H3K9 acetylation is high in stem cells, but requires downregulation at DNA damage sites. Sharma and colleagues show inefficient H3K9 deacetylation and tri-methylation in embryonic stem cells and establish H3K9 acetyltransferase MOZ as a potential therapeutic target to improve ATM activation and stem cell survival after DNA damage induction.

Introduction

The role of chromatin status on DNA damage response (DDR) and DNA double-strand break (DSB) repair has been extensively investigated in differentiated non-stem and cancer cells. Chromatin structure and remodeling plays an important role in the recruitment/assembly of repair factors and allows their access to DNA lesions (Price and D'Andrea, 2013). Activation of DNA DSB repair machinery is promoted not only by local decondensation of chromatin but also by the binding of heterochromatin-associated proteins and the transient compaction of chromatin (Burgess et al., 2014, Lemaître and Soutoglou, 2014). However, chromatin of differentiated/non-stem and cancer cells is starkly different from the stem/progenitor cells in tissue niches in vivo, such as neural stem cells in the subgranular zone of brain and neural stem cells (NS) cells in culture, intestinal crypt stem cells, testicular stem cells, and embryonic stem cells (ES) in vivo and in culture. These “normal” stem cells are characterized by elevated levels of histone marks associated with active chromatin and lower levels of repressive chromatin (Chen and Dent, 2014). Previously, we have delineated the epigenetic influence of H3K56 acetylation on attenuation of DDR in murine embryonic ES and NS cells, as well as in several tissue niches in vivo, demonstrating H3K56ac as an epigenetic suppressor of DDR that promotes ionizing radiation (IR) hypersensitivity in normal stem cells (Jacobs et al., 2016).

Ataxia telangiectasia mutated (ATM) kinase is involved in multiple DDR processes that include phosphorylation of several histone and non-histone proteins, amplification of the DNA damage signal, repair factor activation, and initiation of the cell-cycle arrest (Shiloh and Ziv, 2013). ATM activation is promoted by its acetylation through Tip60 (Sun et al., 2007). This activation requires the binding of Tip60 to tri-methylated histone H3 lysine 9 (H3K9me3) (Sun et al., 2009), a modification associated with repressive heterochromatin (Grewal and Jia, 2007).

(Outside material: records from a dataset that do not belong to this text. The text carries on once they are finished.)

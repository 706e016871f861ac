-- ===== src/Inode/Blocks/Free.antt =====
-- inode.c: the blocks of ids are freed with all that they lead to.
use pcd_file_system.Prelude.{ℕ, zero, suc, ◌+◌, if◌then◌else◌, ◌==◌}
use pcd_file_system.Prelude.Run.{Cmd, pure, attempt, ◌>>=◌, ◌>>◌}
use pcd_file_system.Block.{Block, word}
use pcd_file_system.Disk.Contract.{DiskOps}
use pcd_file_system.Inode.{Fs, load_super, read_block, free_block}

module _ (ops : DiskOps) (junk : Block) where
  open ops use {State}

  -- the loop over the ids of a block, which stops at the first that is 0
  unfoldable pub free_ids :
      (ℕ → Cmd (Fs State) (Unit {0})) → Block → ℕ → ℕ → Cmd (Fs State) (Unit {0})
  free_ids free b zero i = pure tt
  free_ids free b (suc rounds) i =
      if word b i == 0
      then pure tt
      else (do attempt (free (word b i)); free_ids free b rounds (i + 1))

  -- a block of ids: what they lead to, then the block
  unfoldable pub free_level : (ℕ → Cmd (Fs State) (Unit {0})) → ℕ → Cmd (Fs State) (Unit {0})
  free_level free bid = do
    super ← load_super ops junk
    if bid == 0 then pure tt else (do
      block ← read_block ops junk junk bid
      free_ids free block super.indir_id_num 0
      free_block ops junk bid)

  unfoldable pub free_indblo_by_bid : ℕ → Cmd (Fs State) (Unit {0})
  free_indblo_by_bid = free_level (free_block ops junk)

  unfoldable pub free_dindblo_by_bid : ℕ → Cmd (Fs State) (Unit {0})
  free_dindblo_by_bid = free_level free_indblo_by_bid

  unfoldable pub free_tindblo_by_bid : ℕ → Cmd (Fs State) (Unit {0})
  free_tindblo_by_bid = free_level free_dindblo_by_bid
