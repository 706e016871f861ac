-- ===== src/Inode/Life.antt =====
-- inode.c: an inode is allocated, counts its links, and is freed with its blocks.
use pcd_file_system.Prelude.{ℕ, zero, suc, ◌+◌, ◌-◌, ◌/◌, ◌%◌, ◌^◌, ◌||◌, ltb, if◌then◌else◌, ◌==◌}
use pcd_file_system.Prelude.Run.{Cmd, pure, failure, undefined, attempt, get, ◌>>=◌, ◌>>◌}
use pcd_file_system.Block.{Block, db_size, set_byte}
use pcd_file_system.Disk.Contract.{DiskOps}
use pcd_file_system.Sb.{Sb}
use pcd_file_system.Inode.{
  Fs, Inode, add32, is_negative, no_blocks, load_super, load_target, store_target, set_target,
  set_bitmap, write_inode_to_disk, read_block, write_block, free_block,
}
use pcd_file_system.Inode.Bitmap.{find_free_inode}
use pcd_file_system.Inode.Blocks.{single_end, double_end, triple_end}
use pcd_file_system.Inode.Blocks.Free.{free_indblo_by_bid, free_dindblo_by_bid, free_tindblo_by_bid}

-- What getenv("USER") and getpwnam say: no variable, no entry for the name, or the two ids.
pub data User : Type 0 where
  no_variable : User
  no_entry : User
  known : (uid gid : ℕ) → User

-- the fields of a new inode but the owner
unfoldable pub fresh : ℕ → ℕ → Inode → Inode
fresh accessed modified n = record n {
  mode = 438;
  last_accessed = accessed;
  last_modified = modified;
  link_count = 1;
  size = 0;
}

-- the blocks that a file of this size has, as an int
unfoldable pub num_blocks : ℕ → ℕ → ℕ
num_blocks size block_size =
    let num = size / block_size % 2 ^ 32 in if size % block_size == 0 then num else add32 num 1

module _ (ops : DiskOps) (junk : Block) where
  open ops use {State}

  unfoldable pub give : User → ℕ → Inode → Cmd (Fs State) ℕ
  give no_variable inum n = pure 1
  give no_entry inum n = undefined
  give (known uid gid) inum n = do
    store_target ops junk inum (no_blocks (record n { uid = uid; gid = gid }))
    pure inum

  -- The two times are what time(NULL) gives. Without the variable EXIT_FAILURE, 1, is returned.
  unfoldable pub inode_allocate : User → ℕ → ℕ → Cmd (Fs State) ℕ
  unfolding give
  inode_allocate user accessed modified = do
    load_super ops junk
    inum ← find_free_inode ops junk
    n ← load_target ops junk inum
    set_target (fresh accessed modified n)
    give user inum (fresh accessed modified n)

  -- the loop over the ids in the inode
  unfoldable pub free_direct : Inode → ℕ → ℕ → Cmd (Fs State) (Unit {0})
  free_direct n zero i = pure tt
  free_direct n (suc rounds) i = do
    free_block ops junk (n.direct_blo i)
    free_direct n rounds (i + 1)

  unfoldable pub free_file : Sb → Inode → ℕ → Cmd (Fs State) (Unit {0})
  free_file super n num =
      if ltb num super.dir_id_num
      then free_direct n num 0
      else if ltb num (single_end super)
      then (do
        free_direct n super.dir_id_num 0
        attempt (free_indblo_by_bid ops junk n.single_ind)
        pure tt)
      else if ltb num (double_end super)
      then (do
        free_direct n super.dir_id_num 0
        attempt (free_indblo_by_bid ops junk n.single_ind)
        attempt (free_dindblo_by_bid ops junk n.double_ind)
        pure tt)
      else if ltb num (triple_end super)
      then (do
        free_direct n super.dir_id_num 0
        attempt (free_indblo_by_bid ops junk n.single_ind)
        attempt (free_dindblo_by_bid ops junk n.double_ind)
        attempt (free_tindblo_by_bid ops junk n.triple_ind)
        pure tt)
      else failure

  -- The bit that is cleared is at inum + bitmap_off, which may be outside the bitmap.
  unfoldable pub clear_bit : Sb → ℕ → Cmd (Fs State) (Unit {0})
  clear_bit super inum = do
    let bid = add32 super.start_bitmap (inum / super.blocksize)
    let at = add32 inum (inum % super.blocksize)
    s ← get
    b ← read_block ops junk s.bitmap bid
    set_bitmap b
    if ltb at db_size
        then (do set_bitmap (set_byte b at 0); write_block ops junk (set_byte b at 0) bid)
        else undefined

  unfoldable pub inode_free : ℕ → Cmd (Fs State) (Unit {0})
  inode_free inum = do
    super ← load_super ops junk
    n ← load_target ops junk inum
    let num = num_blocks n.size super.blocksize
    if is_negative num || num == 0 then pure tt else free_file super n num
    clear_bit super inum

  unfoldable pub inode_reduce_link_count : ℕ → Cmd (Fs State) (Unit {0})
  inode_reduce_link_count inum = do
    n ← load_target ops junk inum
    let n1 = record n { link_count = (n.link_count + 2 ^ 32 - 1) % 2 ^ 32 }
    set_target n1
    if n1.link_count == 0
        then (do attempt (inode_free inum); pure tt)
        else write_inode_to_disk ops junk inum n1

  unfoldable pub inode_increase_link_count : ℕ → Cmd (Fs State) (Unit {0})
  inode_increase_link_count inum = do
    n ← load_target ops junk inum
    store_target ops junk inum (record n { link_count = add32 n.link_count 1 })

H3K9me3 is locally and transiently upregulated around the DNA damage site by the methyltransferase Suv39h1, improving ATM activation via Tip60 (Ayrapetov et al., 2014). Recruitment of Suv39h1 enabling H3K9me3 and assembly of binding partners HP1 and KAP1 is rapid and transient, observed for few minutes after DSB induction. Interestingly, acetylation on the same amino acid residue (H3K9ac) is locally downregulated at the DNA damage sites (Bártová et al., 2011).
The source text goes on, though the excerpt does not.